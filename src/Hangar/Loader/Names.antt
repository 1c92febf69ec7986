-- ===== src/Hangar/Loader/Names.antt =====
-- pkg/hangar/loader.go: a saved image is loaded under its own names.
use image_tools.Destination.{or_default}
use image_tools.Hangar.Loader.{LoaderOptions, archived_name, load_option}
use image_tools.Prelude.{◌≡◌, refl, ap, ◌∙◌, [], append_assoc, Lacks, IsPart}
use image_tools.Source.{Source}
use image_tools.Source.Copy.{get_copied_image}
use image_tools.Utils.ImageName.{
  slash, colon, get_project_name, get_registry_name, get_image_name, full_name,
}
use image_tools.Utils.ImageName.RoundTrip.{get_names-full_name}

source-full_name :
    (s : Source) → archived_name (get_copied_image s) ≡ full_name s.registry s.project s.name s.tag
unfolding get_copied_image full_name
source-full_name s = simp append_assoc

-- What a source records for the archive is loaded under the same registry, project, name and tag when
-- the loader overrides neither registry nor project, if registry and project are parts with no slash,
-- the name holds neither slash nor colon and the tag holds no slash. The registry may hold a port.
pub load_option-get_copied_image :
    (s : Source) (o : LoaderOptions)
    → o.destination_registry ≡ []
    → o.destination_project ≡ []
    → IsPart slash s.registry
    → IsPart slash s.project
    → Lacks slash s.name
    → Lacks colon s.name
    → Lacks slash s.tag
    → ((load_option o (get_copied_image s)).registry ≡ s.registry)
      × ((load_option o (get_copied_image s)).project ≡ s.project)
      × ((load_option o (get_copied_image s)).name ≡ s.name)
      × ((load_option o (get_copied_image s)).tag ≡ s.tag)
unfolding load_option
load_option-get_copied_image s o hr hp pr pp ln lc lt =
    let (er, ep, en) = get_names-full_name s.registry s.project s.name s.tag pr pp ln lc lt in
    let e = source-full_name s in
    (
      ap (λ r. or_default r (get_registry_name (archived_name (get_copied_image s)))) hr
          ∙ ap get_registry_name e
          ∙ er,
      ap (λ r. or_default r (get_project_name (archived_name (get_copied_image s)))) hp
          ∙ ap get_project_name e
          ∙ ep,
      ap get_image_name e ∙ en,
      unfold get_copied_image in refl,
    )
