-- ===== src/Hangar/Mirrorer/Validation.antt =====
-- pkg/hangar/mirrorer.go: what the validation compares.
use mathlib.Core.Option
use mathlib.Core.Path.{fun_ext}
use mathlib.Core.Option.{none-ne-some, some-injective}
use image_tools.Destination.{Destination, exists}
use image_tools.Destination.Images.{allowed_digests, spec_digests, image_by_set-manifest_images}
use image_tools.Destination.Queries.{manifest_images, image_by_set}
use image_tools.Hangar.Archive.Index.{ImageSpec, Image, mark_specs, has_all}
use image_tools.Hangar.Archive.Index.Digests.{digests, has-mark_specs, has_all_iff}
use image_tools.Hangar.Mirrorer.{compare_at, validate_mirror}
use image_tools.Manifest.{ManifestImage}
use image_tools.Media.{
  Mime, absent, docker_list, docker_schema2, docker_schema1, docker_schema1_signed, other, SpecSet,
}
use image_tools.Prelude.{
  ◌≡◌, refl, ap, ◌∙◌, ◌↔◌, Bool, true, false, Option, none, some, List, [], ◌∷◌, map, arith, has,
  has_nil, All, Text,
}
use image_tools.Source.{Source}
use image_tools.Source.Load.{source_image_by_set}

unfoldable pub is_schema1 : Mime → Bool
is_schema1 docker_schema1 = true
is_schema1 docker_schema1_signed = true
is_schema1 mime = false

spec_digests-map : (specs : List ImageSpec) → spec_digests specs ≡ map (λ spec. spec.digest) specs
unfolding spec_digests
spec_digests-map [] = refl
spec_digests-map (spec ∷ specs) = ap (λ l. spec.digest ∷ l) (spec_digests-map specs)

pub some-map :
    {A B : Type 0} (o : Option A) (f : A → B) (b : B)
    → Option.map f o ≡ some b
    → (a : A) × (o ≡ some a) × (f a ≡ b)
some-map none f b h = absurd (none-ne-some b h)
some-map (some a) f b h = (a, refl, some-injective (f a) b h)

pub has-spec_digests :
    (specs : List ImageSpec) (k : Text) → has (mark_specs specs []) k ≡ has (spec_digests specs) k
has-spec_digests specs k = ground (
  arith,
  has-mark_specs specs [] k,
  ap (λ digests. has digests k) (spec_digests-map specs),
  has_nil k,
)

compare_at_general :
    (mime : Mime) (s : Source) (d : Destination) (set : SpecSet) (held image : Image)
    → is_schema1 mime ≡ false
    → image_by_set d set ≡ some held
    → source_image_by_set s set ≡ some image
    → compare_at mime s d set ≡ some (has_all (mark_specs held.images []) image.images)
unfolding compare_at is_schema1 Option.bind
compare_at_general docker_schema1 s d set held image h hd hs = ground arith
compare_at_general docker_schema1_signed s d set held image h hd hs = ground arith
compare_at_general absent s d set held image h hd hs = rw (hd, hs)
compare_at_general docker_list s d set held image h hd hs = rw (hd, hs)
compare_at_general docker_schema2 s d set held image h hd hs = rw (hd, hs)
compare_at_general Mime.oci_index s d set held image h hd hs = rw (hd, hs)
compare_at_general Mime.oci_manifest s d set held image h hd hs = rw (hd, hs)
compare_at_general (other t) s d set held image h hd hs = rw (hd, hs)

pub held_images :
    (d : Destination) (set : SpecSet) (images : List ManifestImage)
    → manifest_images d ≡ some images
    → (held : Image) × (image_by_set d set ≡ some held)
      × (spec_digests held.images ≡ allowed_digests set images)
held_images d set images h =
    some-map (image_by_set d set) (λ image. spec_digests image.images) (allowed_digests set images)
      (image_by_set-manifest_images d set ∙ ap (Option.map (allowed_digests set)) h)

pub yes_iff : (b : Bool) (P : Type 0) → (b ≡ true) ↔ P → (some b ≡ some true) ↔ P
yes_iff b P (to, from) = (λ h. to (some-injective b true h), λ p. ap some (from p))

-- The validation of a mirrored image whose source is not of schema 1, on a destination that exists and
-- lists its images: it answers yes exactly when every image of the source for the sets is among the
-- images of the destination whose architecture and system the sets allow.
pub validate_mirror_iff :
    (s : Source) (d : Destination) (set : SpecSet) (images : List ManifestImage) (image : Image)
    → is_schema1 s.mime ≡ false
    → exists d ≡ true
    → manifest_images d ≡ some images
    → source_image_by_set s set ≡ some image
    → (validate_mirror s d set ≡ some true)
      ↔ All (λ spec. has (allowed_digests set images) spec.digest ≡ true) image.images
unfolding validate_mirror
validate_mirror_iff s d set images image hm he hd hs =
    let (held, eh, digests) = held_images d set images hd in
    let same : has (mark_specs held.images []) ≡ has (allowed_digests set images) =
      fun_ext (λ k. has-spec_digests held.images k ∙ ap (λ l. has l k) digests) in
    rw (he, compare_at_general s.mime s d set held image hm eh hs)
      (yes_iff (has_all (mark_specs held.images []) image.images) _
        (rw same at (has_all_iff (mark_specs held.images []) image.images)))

______________________________

» WHAT THE TASK ASKS
Look above for the line with "compare_at_general absent s" and the line with "(yes_iff (has_all (mark_specs". Write out those two lines and all the lines between them, exactly, and no others.

» RESPONSE
compare_at_general absent s d set held image h hd hs = rw (hd, hs)
compare_at_general docker_list s d set held image h hd hs = rw (hd, hs)
compare_at_general docker_schema2 s d set held image h hd hs = rw (hd, hs)
compare_at_general Mime.oci_index s d set held image h hd hs = rw (hd, hs)
compare_at_general Mime.oci_manifest s d set held image h hd hs = rw (hd, hs)
compare_at_general (other t) s d set held image h hd hs = rw (hd, hs)

pub held_images :
    (d : Destination) (set : SpecSet) (images : List ManifestImage)
    → manifest_images d ≡ some images
    → (held : Image) × (image_by_set d set ≡ some held)
      × (spec_digests held.images ≡ allowed_digests set images)
held_images d set images h =
    some-map (image_by_set d set) (λ image. spec_digests image.images) (allowed_digests set images)
      (image_by_set-manifest_images d set ∙ ap (Option.map (allowed_digests set)) h)

pub yes_iff : (b : Bool) (P : Type 0) → (b ≡ true) ↔ P → (some b ≡ some true) ↔ P
yes_iff b P (to, from) = (λ h. to (some-injective b true h), λ p. ap some (from p))

-- The validation of a mirrored image whose source is not of schema 1, on a destination that exists and
-- lists its images: it answers yes exactly when every image of the source for the sets is among the
-- images of the destination whose architecture and system the sets allow.
pub validate_mirror_iff :
    (s : Source) (d : Destination) (set : SpecSet) (images : List ManifestImage) (image : Image)
    → is_schema1 s.mime ≡ false
    → exists d ≡ true
    → manifest_images d ≡ some images
    → source_image_by_set s set ≡ some image
    → (validate_mirror s d set ≡ some true)
      ↔ All (λ spec. has (allowed_digests set images) spec.digest ≡ true) image.images
unfolding validate_mirror
validate_mirror_iff s d set images image hm he hd hs =
    let (held, eh, digests) = held_images d set images hd in
    let same : has (mark_specs held.images []) ≡ has (allowed_digests set images) =
      fun_ext (λ k. has-spec_digests held.images k ∙ ap (λ l. has l k) digests) in
    rw (he, compare_at_general s.mime s d set held image hm eh hs)
      (yes_iff (has_all (mark_specs held.images []) image.images) _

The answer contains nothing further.